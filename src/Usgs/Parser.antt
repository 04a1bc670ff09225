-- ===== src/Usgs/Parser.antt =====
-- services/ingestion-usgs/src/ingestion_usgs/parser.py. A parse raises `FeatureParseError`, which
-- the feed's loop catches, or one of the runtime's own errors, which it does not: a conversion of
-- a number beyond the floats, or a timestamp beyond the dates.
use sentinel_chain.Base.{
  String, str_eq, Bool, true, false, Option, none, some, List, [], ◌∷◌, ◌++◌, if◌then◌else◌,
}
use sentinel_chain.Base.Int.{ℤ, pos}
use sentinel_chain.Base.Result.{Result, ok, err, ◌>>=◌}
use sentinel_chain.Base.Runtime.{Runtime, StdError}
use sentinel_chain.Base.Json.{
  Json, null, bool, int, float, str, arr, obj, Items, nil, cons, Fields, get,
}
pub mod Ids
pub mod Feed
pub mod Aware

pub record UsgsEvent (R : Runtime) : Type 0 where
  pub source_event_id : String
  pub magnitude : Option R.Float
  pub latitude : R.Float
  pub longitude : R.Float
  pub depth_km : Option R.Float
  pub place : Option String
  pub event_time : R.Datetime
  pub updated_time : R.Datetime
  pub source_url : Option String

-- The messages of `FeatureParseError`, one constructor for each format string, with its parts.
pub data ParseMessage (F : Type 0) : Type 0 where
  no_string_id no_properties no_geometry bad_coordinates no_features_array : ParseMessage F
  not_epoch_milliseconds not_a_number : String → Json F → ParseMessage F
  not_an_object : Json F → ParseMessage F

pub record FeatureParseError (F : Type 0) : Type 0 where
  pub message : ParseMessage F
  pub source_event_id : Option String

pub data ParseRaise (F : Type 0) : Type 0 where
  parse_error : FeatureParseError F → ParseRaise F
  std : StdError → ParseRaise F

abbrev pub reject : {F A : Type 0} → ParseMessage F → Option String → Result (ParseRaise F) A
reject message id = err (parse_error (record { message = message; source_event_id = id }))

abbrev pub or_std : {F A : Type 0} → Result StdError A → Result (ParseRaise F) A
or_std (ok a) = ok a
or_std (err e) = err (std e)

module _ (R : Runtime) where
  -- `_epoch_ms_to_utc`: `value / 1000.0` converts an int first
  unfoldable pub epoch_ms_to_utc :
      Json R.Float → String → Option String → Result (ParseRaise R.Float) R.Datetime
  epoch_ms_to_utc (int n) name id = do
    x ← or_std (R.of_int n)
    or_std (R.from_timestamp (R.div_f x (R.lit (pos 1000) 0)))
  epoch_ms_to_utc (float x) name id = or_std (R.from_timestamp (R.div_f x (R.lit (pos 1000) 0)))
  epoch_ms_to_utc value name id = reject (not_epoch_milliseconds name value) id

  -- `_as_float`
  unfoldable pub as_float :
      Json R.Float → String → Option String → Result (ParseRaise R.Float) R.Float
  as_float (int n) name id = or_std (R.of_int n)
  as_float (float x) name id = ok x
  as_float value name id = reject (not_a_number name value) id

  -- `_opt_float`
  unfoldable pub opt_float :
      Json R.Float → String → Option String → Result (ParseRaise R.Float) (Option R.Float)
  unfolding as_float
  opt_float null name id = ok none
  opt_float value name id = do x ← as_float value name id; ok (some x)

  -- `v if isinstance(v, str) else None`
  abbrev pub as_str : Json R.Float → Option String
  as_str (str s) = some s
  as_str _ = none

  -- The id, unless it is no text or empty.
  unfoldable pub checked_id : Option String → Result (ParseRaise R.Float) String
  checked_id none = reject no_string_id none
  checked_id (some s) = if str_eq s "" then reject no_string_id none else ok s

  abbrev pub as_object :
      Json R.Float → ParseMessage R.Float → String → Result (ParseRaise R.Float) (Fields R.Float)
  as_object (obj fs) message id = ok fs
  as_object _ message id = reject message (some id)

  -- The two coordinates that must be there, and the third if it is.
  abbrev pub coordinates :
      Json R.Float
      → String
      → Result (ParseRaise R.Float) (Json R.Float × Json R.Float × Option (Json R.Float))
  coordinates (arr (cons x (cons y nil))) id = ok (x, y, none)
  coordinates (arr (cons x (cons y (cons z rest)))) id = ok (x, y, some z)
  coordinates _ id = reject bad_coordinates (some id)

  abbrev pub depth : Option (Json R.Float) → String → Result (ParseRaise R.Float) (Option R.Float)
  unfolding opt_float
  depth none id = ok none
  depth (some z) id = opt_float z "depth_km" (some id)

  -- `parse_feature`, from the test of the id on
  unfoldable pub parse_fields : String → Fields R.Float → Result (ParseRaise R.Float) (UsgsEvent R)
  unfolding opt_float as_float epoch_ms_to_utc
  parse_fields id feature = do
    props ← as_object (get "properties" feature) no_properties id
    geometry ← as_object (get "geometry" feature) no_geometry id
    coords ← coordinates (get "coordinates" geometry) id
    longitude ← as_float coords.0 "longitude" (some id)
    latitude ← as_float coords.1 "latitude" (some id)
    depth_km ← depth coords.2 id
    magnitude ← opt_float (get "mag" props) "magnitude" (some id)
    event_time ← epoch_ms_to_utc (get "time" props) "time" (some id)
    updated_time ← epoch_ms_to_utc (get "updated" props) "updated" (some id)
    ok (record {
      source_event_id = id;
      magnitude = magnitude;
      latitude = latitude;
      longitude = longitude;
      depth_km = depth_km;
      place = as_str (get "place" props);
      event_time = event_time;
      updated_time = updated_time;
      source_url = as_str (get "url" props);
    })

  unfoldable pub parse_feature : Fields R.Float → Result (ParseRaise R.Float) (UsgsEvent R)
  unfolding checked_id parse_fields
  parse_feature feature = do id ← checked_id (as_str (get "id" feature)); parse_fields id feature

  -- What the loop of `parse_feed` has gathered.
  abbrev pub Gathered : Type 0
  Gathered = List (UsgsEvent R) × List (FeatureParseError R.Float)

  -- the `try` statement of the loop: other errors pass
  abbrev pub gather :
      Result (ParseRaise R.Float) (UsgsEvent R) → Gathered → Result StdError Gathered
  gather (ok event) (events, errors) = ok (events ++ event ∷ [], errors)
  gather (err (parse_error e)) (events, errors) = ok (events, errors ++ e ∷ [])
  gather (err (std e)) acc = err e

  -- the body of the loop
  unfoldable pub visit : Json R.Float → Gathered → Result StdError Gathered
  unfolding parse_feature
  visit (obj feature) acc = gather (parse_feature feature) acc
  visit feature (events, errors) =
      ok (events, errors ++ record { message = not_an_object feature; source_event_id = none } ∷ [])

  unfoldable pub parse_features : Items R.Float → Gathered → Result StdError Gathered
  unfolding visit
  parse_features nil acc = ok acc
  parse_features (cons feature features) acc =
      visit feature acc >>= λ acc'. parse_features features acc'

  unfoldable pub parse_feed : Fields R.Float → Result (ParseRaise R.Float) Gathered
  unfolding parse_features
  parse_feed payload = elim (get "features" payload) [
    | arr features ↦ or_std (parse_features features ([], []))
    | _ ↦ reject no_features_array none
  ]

══════

Would you please copy every line in the data that contains the word "ParseMessage"?

• Task output:
pub data ParseMessage (F : Type 0) : Type 0 where
  no_string_id no_properties no_geometry bad_coordinates no_features_array : ParseMessage F
  not_epoch_milliseconds not_a_number : String → Json F → ParseMessage F
  not_an_object : Json F → ParseMessage F
  pub message : ParseMessage F
abbrev pub reject : {F A : Type 0} → ParseMessage F → Option String → Result (ParseRaise F) A
      Json R.Float → ParseMessage R.Float → String → Result (ParseRaise R.Float) (Fields R.Float)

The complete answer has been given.